### Exercise objective:
Set down word for word the lines that begin the entries and run through the line containing "-- bytes of". Give nothing further.

### Task material:
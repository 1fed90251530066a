-- ===== src/Lib.antt =====
-- A verification library for kairos-deploy, whose Python scripts guard a deployment's durable
-- state: they inspect, recover and qualify it, and refuse whatever they cannot prove.
--
-- Base: shared helpers (Boolean tests, lists over native numbers, results, Python's bytes, dicts,
-- sets, sorting, integers and text, JSON values), in the form in which the scripts use them.
--
-- Aof (scripts/runtime_epoch_redis_aof.py): the bounded inventory of a Redis append-only file.
-- Aof/Tokens holds `_stream_id`, `_unsigned`, `_valid_group_args` and `_valid_claim`; Aof/Reader
-- the cursor `_RespReader`; Aof/Scan the loop body of `inventory_bytes`, its local variables as a
-- record and a function for each branch, with Aof/Scan/Tally on the names behind its counters;
-- Aof/Inventory the loop, the checks around it and the report. The loop has fuel, one more than the
-- bytes of the file, which is enough since every command takes a byte. SHA-256, `json.loads` and
-- `json.dumps` are parameters (Aof/Commands). Reading the file (`inventory_aof`), the ACL helpers
-- and the command line are not modelled.
--
-- Epoch (scripts/runtime_epoch_worker.py): parts of the worker that keeps a runtime epoch's bars
-- current. Epoch/Catchup holds `required_bars` and `bounded_runtime_end`, which bound a catch-up
-- round; Epoch/Failures `source_wait_reason` and the handler in `recover` that picks the exception
-- to raise from a group, with fuel for its loop over the leaves, one more than the exceptions of
-- the group; Epoch/Circuit the counters of `SourceCircuit` and the pause it starts from;
-- Epoch/Redis `runtime_redis_call`, where what each attempt meets (the stop event, the reply, the
-- clock) is a parameter; Epoch/Outbox `flush` and its `PUBLICATION_LUA`, where a request, a reply
-- or a database update may be lost at any row, and the digest of a payload and the ids of Redis are
-- parameters. The Lua table that Redis stores as JSON is a pair here. Epoch/Transport holds the
-- loop of `EpochRedisTransport.subscribe`, over a list of rounds, each with what the stop event,
-- the clock and Redis gave it, and Epoch/Transport/History the history of an outage that its
-- deadline is held against; the argument checks and `ack` are not modelled. SQL and connections are
-- not modelled.
--
-- Canary (scripts/paper_canary_acceptance.py): `evaluate_evidence`. Canary/Evidence holds its
-- checks of the shape of the evidence, a JSON value (Base/Json); Canary/Judge its tests on the
-- scope, the recovery and each trade; Canary/Report the loop over the trades, the reasons and the
-- report, without the fields that never change. Floats are a parameter; an integer that none holds
-- raises an error that the code does not catch. The SQL of the collector and the command line are
-- not modelled.
--
-- Cold (scripts/cold_redis_acceptance.py): Cold/Resp holds `RESPReader` and the request of
-- `_resp_command`, over the parts that the socket receives; Cold/Scan the loop of `_inspect_stream`
-- over the pages of a stream, and its state. The loop has fuel, the entries that are scanned at
-- most, which is enough since every page but the last takes an entry. The replies to XRANGE,
-- `json.loads` and the digest are parameters. Cold/Manifest and Cold/Layout hold
-- `_persistence_layout`, from the names of the files and the bytes of a manifest
-- (Cold/Layout/Listing has what its lines list), without hashes and diagnostics. Connecting, the
-- INFO probe and the Docker steps around them are not modelled.
--
-- Buildkit (scripts/buildkit_resource_gate.py): `cgroup_path` and `parse_workers`, which prove from
-- text that the workers of a build server stay in its control group. Which characters Unicode calls
-- decimal digits is a parameter. The other parsers of the gate and Docker are not modelled.
--
-- Soak (scripts/soak_reconnect.py): Soak/Health holds `health_errors`, Soak/Loop `run_soak`, whose
-- loop runs over a list of passes, each with what the clock, the restart command and the fetch of
-- the metrics gave it, and fails if the list ends before the loop does. Floats are a parameter.
-- `parse_metrics` and the command line are not modelled.
--
-- The other scripts, the containers and the monitoring are not modelled.
pub mod Base
pub mod Aof
pub mod Epoch
pub mod Soak
pub mod Buildkit
pub mod Canary
pub mod Cold
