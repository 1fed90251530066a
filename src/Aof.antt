-- ===== src/Aof.antt =====
-- scripts/runtime_epoch_redis_aof.py: the bounded inventory of a Redis append-only file.
pub mod Codes
pub mod Tokens
pub mod Reader
pub mod Commands
pub mod Scan
pub mod Inventory
mod Tests
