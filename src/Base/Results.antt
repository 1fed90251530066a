-- ===== src/Base/Results.antt =====
-- A computation that may raise: its value, or the error that it raised.
use mathlib.Core.Path.{◌≡◌, refl}
use mathlib.Core.Logic.{◌⊎◌, inl, inr}
use mathlib.Core.Bool.{Bool, true, false}

pub data Result {ℓ κ} (E : Type ℓ) (A : Type κ) : Type (ℓ ⊔ κ) where
  ok : A → Result E A
  err : E → Result E A

infixl 5 ◌>>=◌ ◌>>◌
abbrev pub ◌>>=◌ {ℓ κ μ} :
    {E : Type ℓ} {A : Type κ} {B : Type μ} → Result E A → (A → Result E B) → Result E B
ok a >>= f = f a
err e >>= f = err e

abbrev pub ◌>>◌ {ℓ κ μ} :
    {E : Type ℓ} {A : Type κ} {B : Type μ} → Result E A → Result E B → Result E B
m >> k = m >>= λ _. k

-- `if test: raise e`
abbrev pub raise_if {ℓ} : {E : Type ℓ} → Bool → E → Result E (Unit {0})
raise_if true e = err e
raise_if false e = ok tt

pub Result-cases {ℓ κ} :
    {E : Type ℓ} {A : Type κ} (r : Result E A) → ((a : A) × (r ≡ ok a)) ⊎ ((e : E) × (r ≡ err e))
Result-cases (ok a) = inl (a, refl)
Result-cases (err e) = inr (e, refl)

-- A bind that returned, in its parts.
pub data Bound {ℓ κ μ} {E : Type ℓ} {A : Type κ} {B : Type μ} (m : Result E A) (f : A → Result E B)
    (b : B) : Type (ℓ ⊔ κ ⊔ μ) where
  bound : (a : A) → m ≡ ok a → f a ≡ ok b → Bound m f b

pub >>=-Bound {ℓ κ μ} :
    {E : Type ℓ} {A : Type κ} {B : Type μ} (m : Result E A) (f : A → Result E B) {b : B}
    → (m >>= f) ≡ ok b
    → Bound m f b
>>=-Bound (ok a) f h = bound a refl h
>>=-Bound (err e) f h = cc

-- A guard that let the computation through.
pub data Passed {ℓ κ} {E : Type ℓ} {A : Type κ} (test : Bool) (k : Result E A) (a : A)
    : Type (ℓ ⊔ κ) where
  passed : test ≡ false → k ≡ ok a → Passed test k a

pub raise_if-Passed {ℓ κ} :
    {E : Type ℓ} {A : Type κ} (test : Bool) (e : E) (k : Result E A) {a : A}
    → (raise_if test e >> k) ≡ ok a
    → Passed test k a
raise_if-Passed true e k h = cc
raise_if-Passed false e k h = passed refl h

pub ok-injective {ℓ κ} :
    {E : Type ℓ} {A : Type κ} {a b : A} → ◌≡◌ {A = Result E A} (ok a) (ok b) → a ≡ b
ok-injective h = cc

-- A bind that raised, in its parts.
pub data Raised {ℓ κ μ} {E : Type ℓ} {A : Type κ} {B : Type μ} (m : Result E A) (f : A → Result E B)
    (e : E) : Type (ℓ ⊔ κ ⊔ μ) where
  at_once : m ≡ err e → Raised m f e
  later : (a : A) → m ≡ ok a → f a ≡ err e → Raised m f e

pub >>=-Raised {ℓ κ μ} :
    {E : Type ℓ} {A : Type κ} {B : Type μ} (m : Result E A) (f : A → Result E B) {e : E}
    → (m >>= f) ≡ err e
    → Raised m f e
>>=-Raised (ok a) f h = later a refl h
>>=-Raised (err e) f h = at_once cc

-- A guard that stopped the computation, or let it through to what raised.
pub data Stopped {ℓ κ} {E : Type ℓ} {A : Type κ} (test : Bool) (e : E) (k : Result E A) (raised : E)
    : Type (ℓ ⊔ κ) where
  here : test ≡ true → e ≡ raised → Stopped test e k raised
  beyond : test ≡ false → k ≡ err raised → Stopped test e k raised

pub raise_if-Stopped {ℓ κ} :
    {E : Type ℓ} {A : Type κ} (test : Bool) (e : E) (k : Result E A) {raised : E}
    → (raise_if test e >> k) ≡ err raised
    → Stopped test e k raised
raise_if-Stopped true e k h = here refl cc
raise_if-Stopped false e k h = beyond refl h

pub raise_if_passes {ℓ} :
    {E : Type ℓ} (test : Bool) (e : E) {u : Unit {0}} → raise_if test e ≡ ok u → test ≡ false
raise_if_passes true e h = cc
raise_if_passes false e h = refl
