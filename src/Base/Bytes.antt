-- ===== src/Base/Bytes.antt =====
-- Python `bytes` as lists of byte values, and the methods and patterns that the programs use.
use Prim.Native.Char.{code}
use Prim.Native.Nat.{ℕ, suc, ◌+◌, ◌-◌, ◌*◌}
use Prim.Native.String.{String}
use mathlib.Core.Path.{◌≡◌, refl}
use mathlib.Core.Bool.{Bool, true, false, ◌&&◌, ◌||◌}
use mathlib.Core.Option
use mathlib.Core.Option.{Option, none, some}
use mathlib.Core.List.{List, [], ◌∷◌, map}
use native.Mathlib.Omega.{arith}
use kairos_deploy.Base.Tests.{ltb, leb, ◌==◌, if◌then◌else◌}
use kairos_deploy.Base.Lists.{length, take, drop, all}

abbrev pub Bytes : Type 0
Bytes = List ℕ

-- The bytes of an ASCII literal.
abbrev pub codes : String → Bytes
codes String.[] = []
codes (String.◌∷◌ c s) = code c ∷ codes s

-- `a == b` on byte strings.
unfoldable pub bytes_eq : Bytes → Bytes → Bool
bytes_eq [] [] = true
bytes_eq [] (y ∷ ys) = false
bytes_eq (x ∷ xs) [] = false
bytes_eq (x ∷ xs) (y ∷ ys) = x == y && bytes_eq xs ys

pub bytes_eq_sound : (xs ys : Bytes) → bytes_eq xs ys ≡ true → xs ≡ ys
unfolding bytes_eq
bytes_eq_sound [] [] h = refl
bytes_eq_sound [] (y ∷ ys) h = cc
bytes_eq_sound (x ∷ xs) [] h = cc
bytes_eq_sound (x ∷ xs) (y ∷ ys) h = ground (arith, bytes_eq_sound xs ys)

pub bytes_eq_refl : (xs : Bytes) → bytes_eq xs xs ≡ true
unfolding bytes_eq
bytes_eq_refl [] = refl
bytes_eq_refl (x ∷ xs) = ground (arith, bytes_eq_refl xs)

abbrev within : ℕ → ℕ → ℕ → Bool
within lo hi c = leb lo c && leb c hi

-- `c` is one of `[0-9]`.
abbrev pub is_digit : ℕ → Bool
is_digit c = within b'0' b'9' c

abbrev is_lower_hex : ℕ → Bool
is_lower_hex c = is_digit c || within b'a' b'f' c

abbrev is_hex : ℕ → Bool
is_hex c = is_lower_hex c || within b'A' b'F' c

-- `value.decode("ascii")` succeeds.
abbrev pub is_ascii : Bytes → Bool
is_ascii = all (λ c. ltb c 128)

-- `value.isdigit()` for a value that is not empty.
abbrev pub all_digits : Bytes → Bool
all_digits = all is_digit

unfoldable pub number_from : ℕ → Bytes → ℕ
number_from acc [] = acc
number_from acc (c ∷ cs) = number_from (acc * 10 + (c - b'0')) cs

-- `int(value)` on decimal digits.
unfoldable pub number : Bytes → ℕ
unfolding number_from
number = number_from 0

-- `0|[1-9][0-9]*`
unfoldable pub is_canonical_number : Bytes → Bool
is_canonical_number [] = false
is_canonical_number (c ∷ []) = is_digit c
is_canonical_number (c ∷ d ∷ cs) = within b'1' b'9' c && all_digits (d ∷ cs)

-- `[1-9][0-9]*`
unfoldable pub is_positive_number : Bytes → Bool
is_positive_number [] = false
is_positive_number (c ∷ cs) = within b'1' b'9' c && all_digits cs

-- `[0-9a-fA-F]{64}`
unfoldable pub is_hex64 : Bytes → Bool
is_hex64 value = length value == 64 && all is_hex value

-- `[0-9a-f]{32}`
unfoldable pub is_owner : Bytes → Bool
is_owner value = length value == 32 && all is_lower_hex value

-- `text.split("-", 1)` at a dash that is there.
unfoldable pub split_dash : Bytes → Option (Bytes × Bytes)
split_dash [] = none
split_dash (c ∷ cs) =
    if c == b'-' then some ([], cs) else Option.map (λ p. (c ∷ p.0, p.1)) (split_dash cs)

-- `consumer-[0-9a-f]{12}-[1-9][0-9]*`
unfoldable pub is_consumer : Bytes → Bool
unfolding bytes_eq is_positive_number
is_consumer value =
    bytes_eq (take 9 value) (codes "consumer-")
    && length (take 12 (drop 9 value)) == 12
    && all is_lower_hex (take 12 (drop 9 value))
    && bytes_eq (take 1 (drop 21 value)) (codes "-")
    && is_positive_number (drop 22 value)

-- `value.upper()` and `value.lower()`.
unfoldable pub upper : Bytes → Bytes
upper = map (λ c. if within b'a' b'z' c then c - 32 else c)

unfoldable pub lower : Bytes → Bytes
lower = map (λ c. if within b'A' b'Z' c then c + 32 else c)

-- `data.find(b"\r\n")`: the index of the first line break, if there is one.
unfoldable pub find_crlf : Bytes → Option ℕ
find_crlf [] = none
find_crlf (c ∷ cs) =
    if c == 13 && bytes_eq (take 1 cs) (10 ∷ []) then some 0 else Option.map suc (find_crlf cs)
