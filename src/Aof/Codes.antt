-- ===== src/Aof/Codes.antt =====
-- The error codes, limits and fixed names of scripts/runtime_epoch_redis_aof.py.
use kairos_deploy.Base.{ℕ, ◌*◌, ◌++◌, Result}
use kairos_deploy.Base.Bytes.{Bytes, codes}

-- The sanitized code that `_AofError` carries.
pub data AofError : Type 0 where
  owner_invalid stream_id_invalid malformed_or_truncated limit_exceeded : AofError
  unknown_command_or_key consumer_identity_invalid profile_invalid : AofError
  transaction_invalid db_invalid stream_id_reused receipt_invalid : AofError
  receipt_field_rewritten : AofError
  -- an exception of `json.loads` that the handler does not name
  json_uncaught : AofError

abbrev pub Checked : Type 0 → Type 0
Checked A = Result AofError A

abbrev pub topic : Bytes
topic = codes "kairos.market.closed_bar.v1"

abbrev pub group : Bytes
group = codes "bars"

abbrev pub max_array_length : ℕ
max_array_length = 32

abbrev pub max_token_bytes : ℕ
max_token_bytes = 128 * 1024

-- `_key(owner)`
abbrev pub publication_key : Bytes → Bytes
publication_key owner = codes "kairos.runtime." ++ (owner ++ codes ".publication")
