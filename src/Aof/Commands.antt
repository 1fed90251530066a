-- ===== src/Aof/Commands.antt =====
-- The commands that `inventory_bytes` of scripts/runtime_epoch_redis_aof.py admits, and what the
-- program takes from Python's standard library.
use kairos_deploy.Base.{ℕ, Option, none, some, List, if◌then◌else◌}
use kairos_deploy.Base.Bytes.{Bytes, codes, bytes_eq}

-- The part of a decoded JSON value that the program looks at. Texts are lists of code points.
pub data JsonItem : Type 0 where
  str : List ℕ → JsonItem
  other_item : JsonItem

pub data Json : Type 0 where
  list : List JsonItem → Json
  other : Json

-- How `json.loads` ends: a value, a `JSONDecodeError`, or an exception that is none.
pub data Loaded : Type 0 where
  loaded : Json → Loaded
  decode_error uncaught : Loaded

-- `hashlib.sha256(value).hexdigest()`, `json.loads` and `json.dumps` of a list of texts.
pub record Python : Type 0 where
  pub sha256 : Bytes → Bytes
  pub json_loads : Bytes → Loaded
  pub json_dumps : List Bytes → Bytes

pub data Command : Type 0 where
  multi exec select xadd hset xgroup xclaim xack : Command

-- The chain of comparisons with `name`.
unfoldable pub command_named : Bytes → Option Command
command_named name =
    if bytes_eq name (codes "MULTI")
    then some multi
    else if bytes_eq name (codes "EXEC")
    then some exec
    else if bytes_eq name (codes "SELECT")
    then some select
    else if bytes_eq name (codes "XADD")
    then some xadd
    else if bytes_eq name (codes "HSET")
    then some hset
    else if bytes_eq name (codes "XGROUP")
    then some xgroup
    else if bytes_eq name (codes "XCLAIM")
    then some xclaim
    else if bytes_eq name (codes "XACK")
    then some xack
    else none
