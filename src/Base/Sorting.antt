-- ===== src/Base/Sorting.antt =====
-- Python's `sorted` on byte strings, as an insertion sort by the lexicographic order.
use Prim.Native.Nat.{compare, Ordering}
use mathlib.Core.Path.{◌≡◌, refl}
use mathlib.Core.Logic.{◌≢◌, inl, inr}
use mathlib.Core.Bool.{Bool, true, false}
use mathlib.Core.List.{List, [], ◌∷◌}
use kairos_deploy.Base.Tests.{if◌then◌else◌, Bool-cases}
use kairos_deploy.Base.Bytes.{Bytes}

bytes_le : Bytes → Bytes → Bool
bytes_le [] ys = true
bytes_le (x ∷ xs) [] = false
bytes_le (x ∷ xs) (y ∷ ys) = elim (compare x y) [
  | Ordering.lt ↦ true
  | Ordering.eq ↦ bytes_le xs ys
  | Ordering.gt ↦ false
]

insert_sorted : Bytes → List Bytes → List Bytes
insert_sorted x [] = x ∷ []
insert_sorted x (y ∷ ys) = if bytes_le x y then x ∷ y ∷ ys else y ∷ insert_sorted x ys

unfoldable pub sorted : List Bytes → List Bytes
unfolding bytes_le insert_sorted
sorted [] = []
sorted (x ∷ xs) = insert_sorted x (sorted xs)

insert_sorted-ne-nil : (x : Bytes) (ys : List Bytes) → insert_sorted x ys ≢ []
unfolding insert_sorted
insert_sorted-ne-nil x [] h = cc
insert_sorted-ne-nil x (y ∷ ys) h = elim (Bool-cases (bytes_le x y)) [
  | inl before ↦ let h1 = rw before at h in cc
  | inr after ↦ let h1 = rw after at h in cc
]

pub sorted-nil : (xs : List Bytes) → sorted xs ≡ [] → xs ≡ []
unfolding sorted
sorted-nil [] h = refl
sorted-nil (x ∷ xs) h = absurd (insert_sorted-ne-nil x (sorted xs) h)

### Exercise answer:
repository 1fed90251530066a
-- ===== src/Lib.antt =====
-- A verification library for kairos-deploy, whose Python scripts guard a deployment's durable
-- state: they inspect, recover and qualify it, and refuse whatever they cannot prove.
--
-- Base: shared helpers (Boolean tests, lists over native numbers, results, Python's bytes, dicts,
-- sets, sorting, integers and text, JSON values), in the form in which the scripts use them.
--
-- Aof (scripts/runtime_epoch_redis_aof.py): the bounded inventory of a Redis append-only file.
-- Aof/Tokens holds `_stream_id`, `_unsigned`, `_valid_group_args` and `_valid_claim`; Aof/Reader
-- the cursor `_RespReader`; Aof/Scan the loop body of `inventory_bytes`, its local variables as a
-- record and a function for each branch, with Aof/Scan/Tally on the names behind its counters;
-- Aof/Inventory the loop, the checks around it and the report. The loop has fuel, one more than the
-- bytes of the file, which is enough since every command takes a byte. SHA-256, `json.loads` and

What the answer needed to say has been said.